TÜRKİYE’DE karayolu taşımacılığı alanında 2004 yılından bu yana faaliyet gösteren DHL Freight, tüm Avrupa ülkeleri ve Ortadoğu’ya parsiyel ve komple kara taşımacılık hizmetleri veriyor.

DHL Freight Değer Yaratmayı Amaçlıyor

23 Temmuz 2009 Perşembe 12:27

DHL Freight Verimliliği Artırıp Teknolojiye Yatırım Yaparak Değer Yaratmayı Amaçlıyor

 

TÜRKİYE’DE karayolu taşımacılığı alanında 2004 yılından bu yana faaliyet gösteren DHL Freight, tüm Avrupa ülkeleri ve Ortadoğu’ya parsiyel ve komple kara taşımacılık hizmetleri veriyor.

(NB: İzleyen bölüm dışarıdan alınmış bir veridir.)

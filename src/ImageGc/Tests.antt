-- ===== src/ImageGc/Tests.antt =====
-- The garbage collection on concrete hosts (crates/pier-core/src/docker/image_gc.rs).
use pier.Base.{
  Text, Bool, true, false, none, some, List, [], ◌∷◌, codes, text_eq, to_ascii_lowercase, ◌≡◌, refl,
  if◌then◌else◌, pos, negsuc, is_whitespace,
}
use pier.ImageGc.Compose.{compose_image_refs}
use pier.ImageGc.Protected.{Service}
use pier.ImageGc.Scan.{Image, Docker, remove_orphan_images}

abbrev stale : Image
stale = record {
  id = codes "sha256:1";
  repo_tags = codes "pier-web:abc" ∷ [];
  size = pos 900;
  shared_size = pos 200;
}

abbrev database_image : Image
database_image = record {
  id = codes "sha256:2";
  repo_tags = codes "postgres:16" ∷ [];
  size = pos 400;
  shared_size = negsuc 0;
}

abbrev host_images : List Image
host_images = stale ∷ database_image ∷ []

abbrev shop : Service
shop = record {
  name = codes "My Shop";
  image = none;
  previous_image_tag = none;
  compose_content = some (codes "services:\n  db:\n    image: postgres:16\n");
}

-- The ids that are there.
abbrev Host : Type 0
Host = Text → Bool

abbrev has : Text → Host → Bool
has id host = host id

abbrev without : Text → Host → Host
without id host other = if text_eq other id then false else host other

abbrev daemon : Docker Host
daemon = record {
  list_images = λ host. some host_images;
  list_containers = λ host. some [];
  remove_image = λ id host. (none, without id host);
}

abbrev full : Host
full id = true

-- The image of the shop that was built before goes, with the bytes that are its own.
shop_test :
    (remove_orphan_images to_ascii_lowercase daemon (some (shop ∷ [])) full).0
    ≡ some (record { removed = 1; reclaimed = 700; errors = [] })
unfolding remove_orphan_images is_whitespace to_ascii_lowercase
shop_test = refl

-- A comment behind the name hides it.
commented_test :
    compose_image_refs (codes "services:\n  db:\n    image: postgres:16 # pinned\n")
    ≡ codes "postgres:16 # pinned" ∷ []
unfolding compose_image_refs is_whitespace
commented_test = refl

Geniş kapsamlı ekipman ve araç sağlama potansiyeline sahip DHL Freight, geçtiğimiz aylarda İkitelli’deki yeni tesislerine taşındı. DHL Freight’in Türkiye ve Ortadoğu’dan Sorumlu Bölge Direktörlüğü’ne 1 Ocak 2009’dan itibaren getirilen Selçuk Boztepe; şirketin ana faaliyetlerini, kara nakliyesinin durumunu ve global krizin etkilerini KargoHaber Dergisi’ne anlattı.


> Sayın Boztepe; DHL Freight’in Türkiye’deki kuruluş yapısından ve amacından bahsedebilir misiniz?

- DHL Freight (DHLF), Türkiye’deki aktivitelerini 2004 yılının sonunda DHL Express çatısı altında organik bir iş ünitesi olarak başlattı ve zaman içerisinde büyümesini kesintisiz olarak sürdürdü. 1 Ocak 2007 tarihinde Deutsche Post Yönetim Kurulu’nun aldığı bir kararla DHL Freight bağımsız, ayrı bir iş ünitesi olarak aktivitelerine, operasyonlarına tüm dünyada devam etmeye başladı. DHLF, DHL’in Türkiye’deki uluslararası kara nakliye ile ilgilenen tek iş ünitesidir. Türkiye’de 2004 yılına kadar DHL Freight Avrupa, acenteleriyle faaliyetlerini yürütüyordu. DHL Express Türkiye ve DHL Freight Avrupa ortak insiyatifi neticesinde ve Türkiye’deki acentelerle olan kontratların bitimiyle aktivitelerine sıfırdan başladı. Kesintisiz olarak büyüyerek şu anda yaklaşık 8 bin treylerlik operasyonu olan, yaklaşık 260 bin tonluk mal elleçleyen ve bunu şu anda 40 kişiyle yürüten bir operasyon haline geldi.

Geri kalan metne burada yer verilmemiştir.